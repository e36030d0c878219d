-- ===== src/Objectlog/Window.antt =====
-- Reading round the storage in parts.
use fx_ip.Base.{
  List, Mem, [], ap, ap₂, arith, length, mod_small, peek, refl, suc, sym, zero, ℕ, ◌%◌, ◌++◌, ◌+◌,
  ◌<◌, ◌∙◌, ◌∷◌, ◌≡◌, ◌≤◌,
}
use fx_ip.Ring.Refine.{mod_shift, window}

module _ (size : ℕ) (m : Mem) where
  pub window_cons :
      (p x : ℕ) (xs : List ℕ)
      → window size m p (length (x ∷ xs)) ≡ x ∷ xs
      → (m p ≡ x) × (window size m ((p + 1) % size) (length xs) ≡ xs)
  window_cons p x xs h = (cc, cc)

  pub window_split :
      (p : ℕ) (xs ys : List ℕ)
      → p < size
      → window size m p (length (xs ++ ys)) ≡ xs ++ ys
      → (window size m p (length xs) ≡ xs)
        × (window size m ((p + length xs) % size) (length ys) ≡ ys)
  window_split p [] ys k h = (
    refl,
    ap (λ q. window size m q (length ys)) (mod_small (p + 0) size (omega arith) ∙ omega arith) ∙ h,
  )
  window_split p (x ∷ xs) ys k h =
      let (a, b) = window_cons p x (xs ++ ys) h in
      let (c, e) = window_split ((p + 1) % size) xs ys (omega arith) b in
      (ap₂ ◌∷◌ a c, ap (λ q. window size m q (length ys)) (sym (mod_shift p (length xs) size)) ∙ e)

  pub window-append :
      (p a b : ℕ)
      → p < size
      → window size m p (a + b) ≡ window size m p a ++ window size m ((p + a) % size) b
  window-append p zero b k =
      ap₂ (window size m) (sym (mod_small (p + 0) size (omega arith) ∙ omega arith)) (omega arith)
  window-append p (suc a) b k =
      ap (window size m p) {y = suc (a + b)} (omega arith)
      ∙ ap (◌∷◌ (m p)) (
          window-append ((p + 1) % size) a b (omega arith)
          ∙ ap (λ q. window size m ((p + 1) % size) a ++ window size m q b) (mod_shift p a size))

  pub window-peek : (p n : ℕ) → p + n ≤ size → p < size → window size m p n ≡ peek m p n
  window-peek p zero h k = refl
  window-peek p (suc zero) h k = refl
  window-peek p (suc (suc n)) h k = ap (◌∷◌ (m p)) (
      ap (λ q. window size m q (suc n)) (mod_small (p + 1) size (omega arith))
      ∙ window-peek (p + 1) (suc n) (omega arith) (omega arith))

  -- the data behind a header
  pub window-peek_next :
      (p n : ℕ) → p + suc n ≤ size → window size m ((p + 1) % size) n ≡ peek m (p + 1) n
  window-peek_next p zero h = refl
  window-peek_next p (suc n) h =
      ap (λ q. window size m q (suc n)) (mod_small (p + 1) size (omega arith))
      ∙ window-peek (p + 1) (suc n) (omega arith) (omega arith)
* * * * *
### [The problem]
Which lines of the records contain the word "length"? Copy each of them.

### [Written solution]
  List, Mem, [], ap, ap₂, arith, length, mod_small, peek, refl, suc, sym, zero, ℕ, ◌%◌, ◌++◌, ◌+◌,
      → window size m p (length (x ∷ xs)) ≡ x ∷ xs
      → (m p ≡ x) × (window size m ((p + 1) % size) (length xs) ≡ xs)
      → window size m p (length (xs ++ ys)) ≡ xs ++ ys
      → (window size m p (length xs) ≡ xs)
        × (window size m ((p + length xs) % size) (length ys) ≡ ys)
    ap (λ q. window size m q (length ys)) (mod_small (p + 0) size (omega arith) ∙ omega arith) ∙ h,
      (ap₂ ◌∷◌ a c, ap (λ q. window size m q (length ys)) (sym (mod_shift p (length xs) size)) ∙ e)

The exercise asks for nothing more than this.